# Yugoslavia...Is that all the game you got?



## TomBoerwinkle#1 (Jul 31, 2002)

With two losses thus far, including a pathetic performance against Puerto Rico, of all teams, does anyone still contend that Yugo may upset Team USA? Vlade, Peja and the boys seem to have the guns to contend...on paper, but their uninspired performances in this tourny are puzzling, especially given that their home country cares about these championships WAY more than the average USA citizen, even more than the average North American NBA fan (nethead basketball freaks like us notwithstanding -- you see all those empty seats night after night? Wow). You would think that with national pride at stake, Yogo would bring the "A" game every time they step on the court.

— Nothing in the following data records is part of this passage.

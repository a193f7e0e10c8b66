-- ===== src/Core/Recovery.antt =====
-- internal/core/lease.go: whom `ReclaimExpiredRuns` finds after a claim.
use mathlib.Core.List.{Memᴰ}
use clausa_lens.Prelude.{
  ℕ, ◌+◌, String, Bool, true, false, ◌&&◌, some, List, [], ◌∷◌, All, ◌≡◌, ◌≢◌, ◌≤◌, ◌<◌, refl, ap,
  arith, ok, ◌==◌, string_eq, Dict, lookup, insert, lookup-insert, eq_refl, eq_sound, Bool-cases,
  inl, inr, subst,
}
use clausa_lens.Contracts.RunEnums.{RunStatus, run_status_eq}
use clausa_lens.Contracts.Run.{ReplayRun}
use clausa_lens.Core.Store.{Store}
use clausa_lens.Core.Lease.{
  claim_run, lease_expired, is_stranded, stranded_runs, reclaim_expired_runs,
}
use clausa_lens.Core.Ready.{claim_run-Claims}

-- A reclaimed run stands in the store, stranded, under a key whose lease is over.
pub record Expired (now : ℕ) (leases : Dict ℕ) (runs : Dict ReplayRun) (r : ReplayRun)
    : Type 0 where
  pub key : String
  pub at : Memᴰ (key, r) runs
  pub stranded : is_stranded r.status ≡ true
  pub expired : lease_expired (lookup key leases) now ≡ true

Expired-tail :
    (now : ℕ) (leases : Dict ℕ) (entry : String × ReplayRun) (runs : Dict ReplayRun)
    (rs : List ReplayRun)
    → All (Expired now leases runs) rs
    → All (Expired now leases (entry ∷ runs)) rs
Expired-tail now leases entry runs [] all = tt
Expired-tail now leases entry runs (r ∷ rs) (e, all) = (
  record { key = e.key; at = Memᴰ.tail e.at; stranded = e.stranded; expired = e.expired },
  Expired-tail now leases entry runs rs all,
)

stranded_runs-Expired :
    (now : ℕ) (leases : Dict ℕ) (runs : Dict ReplayRun)
    → All (Expired now leases runs) (stranded_runs now leases runs)
unfolding stranded_runs
stranded_runs-Expired now leases [] = tt
stranded_runs-Expired now leases ((id, r) ∷ runs) =
    let others = Expired-tail now leases (id, r) runs _ (stranded_runs-Expired now leases runs) in
    elim (Bool-cases (is_stranded r.status && lease_expired (lookup id leases) now)) [
      | inr stays ↦ rw stays others
      | inl taken ↦ rw taken (
        record { key = id; at = Memᴰ.head refl; stranded = ground arith; expired = ground arith },
        others,
      )
    ]

-- A stranded entry whose lease is over is found.
stranded_runs-mem :
    (now : ℕ) (leases : Dict ℕ) (runs : Dict ReplayRun) (id : String) (r : ReplayRun)
    → lookup id runs ≡ some r
    → is_stranded r.status ≡ true
    → lease_expired (lookup id leases) now ≡ true
    → Memᴰ r (stranded_runs now leases runs)
unfolding stranded_runs lookup
stranded_runs-mem now leases [] id r at stranded expired = absurd (cc at)
stranded_runs-mem now leases ((k, q) ∷ runs) id r at stranded expired =
    elim (Bool-cases (k == id)) [
      | inl same ↦
          let is : q ≡ r = ground arith in
          let key = eq_sound k id same in rw (is, key, stranded, expired) (Memᴰ.head refl)
      | inr other ↦
          let later = stranded_runs-mem now leases runs id r (rw other at at) stranded expired in
          elim (Bool-cases (is_stranded q.status && lease_expired (lookup k leases) now)) [
            | inl taken ↦ rw taken (Memᴰ.tail later)
            | inr stays ↦ rw stays later
          ]
    ]

claim_run-lease :
    (ctx : Bool) (now : ℕ) (id : String) (lease : ℕ) (r : ReplayRun) (s t : Store)
    → claim_run ctx now id lease s ≡ ok (t, r)
    → t.lease_until ≡ insert id (now + lease) s.lease_until
unfolding claim_run
claim_run-lease ctx now id lease r s t h = ground arith

reclaims :
    (ctx : Bool) (now : ℕ) (s : Store) (found : List ReplayRun)
    → reclaim_expired_runs ctx now s ≡ ok found
    → stranded_runs now s.lease_until s.runs ≡ found
unfolding reclaim_expired_runs
reclaims ctx now s found h = ground arith

held_lease : (now until : ℕ) → now ≤ until → lease_expired (some until) now ≡ false
unfolding lease_expired
held_lease now until h = ground arith

ended_lease : (now until : ℕ) → until < now → lease_expired (some until) now ≡ true
unfolding lease_expired
ended_lease now until h = ground arith

validating_stranded :
    (status : RunStatus) → status ≡ RunStatus.validating → is_stranded status ≡ true
unfolding is_stranded
validating_stranded status h = ground arith

-- A stored run that is not that of an id.
pub record Elsewhere (id : String) (s : Store) (r : ReplayRun) : Type 0 where
  pub key : String
  pub at : Memᴰ (key, r) s.runs
  pub other : key ≢ id

elsewhere :
    (id : String) (now : ℕ) (s : Store) (rs : List ReplayRun)
    → lease_expired (lookup id s.lease_until) now ≡ false
    → All (Expired now s.lease_until s.runs) rs
    → All (Elsewhere id s) rs
elsewhere id now s [] held all = tt
elsewhere id now s (r ∷ rs) held (e, all) = (
  record { key = e.key; at = e.at; other = λ same. absurd (cc (rw same at e.expired, held)) },
  elsewhere id now s rs held all,
)

lease_after :
    (ctx : Bool) (now : ℕ) (id : String) (lease : ℕ) (r : ReplayRun) (s t : Store)
    → claim_run ctx now id lease s ≡ ok (t, r)
    → lookup id t.lease_until ≡ some (now + lease)
lease_after ctx now id lease r s t h =
    rw (claim_run-lease ctx now id lease r s t h) (rw lookup-insert (rw (eq_refl id) refl))

-- After a claim, where nothing else was called since, `ReclaimExpiredRuns` does not return the claimed
-- run until its lease is over: every run that it returns stands in the store under another id.
pub claimed_run_kept :
    (ctx : Bool) (now : ℕ) (id : String) (lease : ℕ) (r : ReplayRun) (s t : Store)
    → claim_run ctx now id lease s ≡ ok (t, r)
    → (later : ℕ) (found : List ReplayRun) → later ≤ now + lease
    → reclaim_expired_runs false later t ≡ ok found
    → All (Elsewhere id t) found
claimed_run_kept ctx now id lease r s t h later found held taken =
    let until = lease_after ctx now id lease r s t h in
    elsewhere id later t found (rw until (held_lease later (now + lease) held)) (
      subst (All (Expired later t.lease_until t.runs)) (reclaims false later t found taken)
        (stranded_runs-Expired later t.lease_until t.runs))

-- Once the lease of a claim is over, and nothing else was called, `ReclaimExpiredRuns` returns the
-- claimed run.
pub claimed_run_reclaimed :
    (ctx : Bool) (now : ℕ) (id : String) (lease : ℕ) (r : ReplayRun) (s t : Store)
    → claim_run ctx now id lease s ≡ ok (t, r)
    → (later : ℕ) (found : List ReplayRun) → now + lease < later
    → reclaim_expired_runs false later t ≡ ok found
    → Memᴰ r found
claimed_run_reclaimed ctx now id lease r s t h later found over taken =
    let c = claim_run-Claims ctx now id lease r s t h in
    let status : r.status ≡ RunStatus.validating = ap (λ (q : ReplayRun). q.status) c.claimed in
    let at : lookup id t.runs ≡ some r = rw c.runs (rw lookup-insert (rw (eq_refl id) refl)) in
    subst (Memᴰ r) (reclaims false later t found taken) (
      stranded_runs-mem later t.lease_until t.runs id r at (validating_stranded r.status status)
        (rw (lease_after ctx now id lease r s t h) (ended_lease later (now + lease) over)))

Apparently not the case. I'm sure they'll come to play against the USA, but can they really expect to pull it all together against the US when they stink it up against PR? Yikes!!!


----------



## Fordy74 (May 22, 2002)

True Indeed. USA team seems like they are just going through the motions and expect to win and with just a little fan support, Meanwhile Yugo is talking smack going all out to win and coming up short.


----------



## Ducket (Jul 16, 2002)

It seems to me that the US has been equally unimpressive in this tournament. If not for their superior depth, games against Germany, China, and New Zealand may have gone down to the wire. Maybe it's not such a good thing that the US 'expects to win.'


----------



## KingsMan7 (Jun 27, 2002)

I think they were just playing down to the level of their competition. Against Spain and PR they were playing lackadaisical without a care in the world on defense. Peja wasn't starting and only getting 20-25 mins a game, WTF is up with that?

But when the tourny was on the line, and it was single elimination for this team, they spanked a 4-0 Brazil team and I would expect much of the same against Turkey today. Peja started and played all game til he wasn't needed (blowout). 

I think we will yet see them facing the U.S.A in the title match.


----------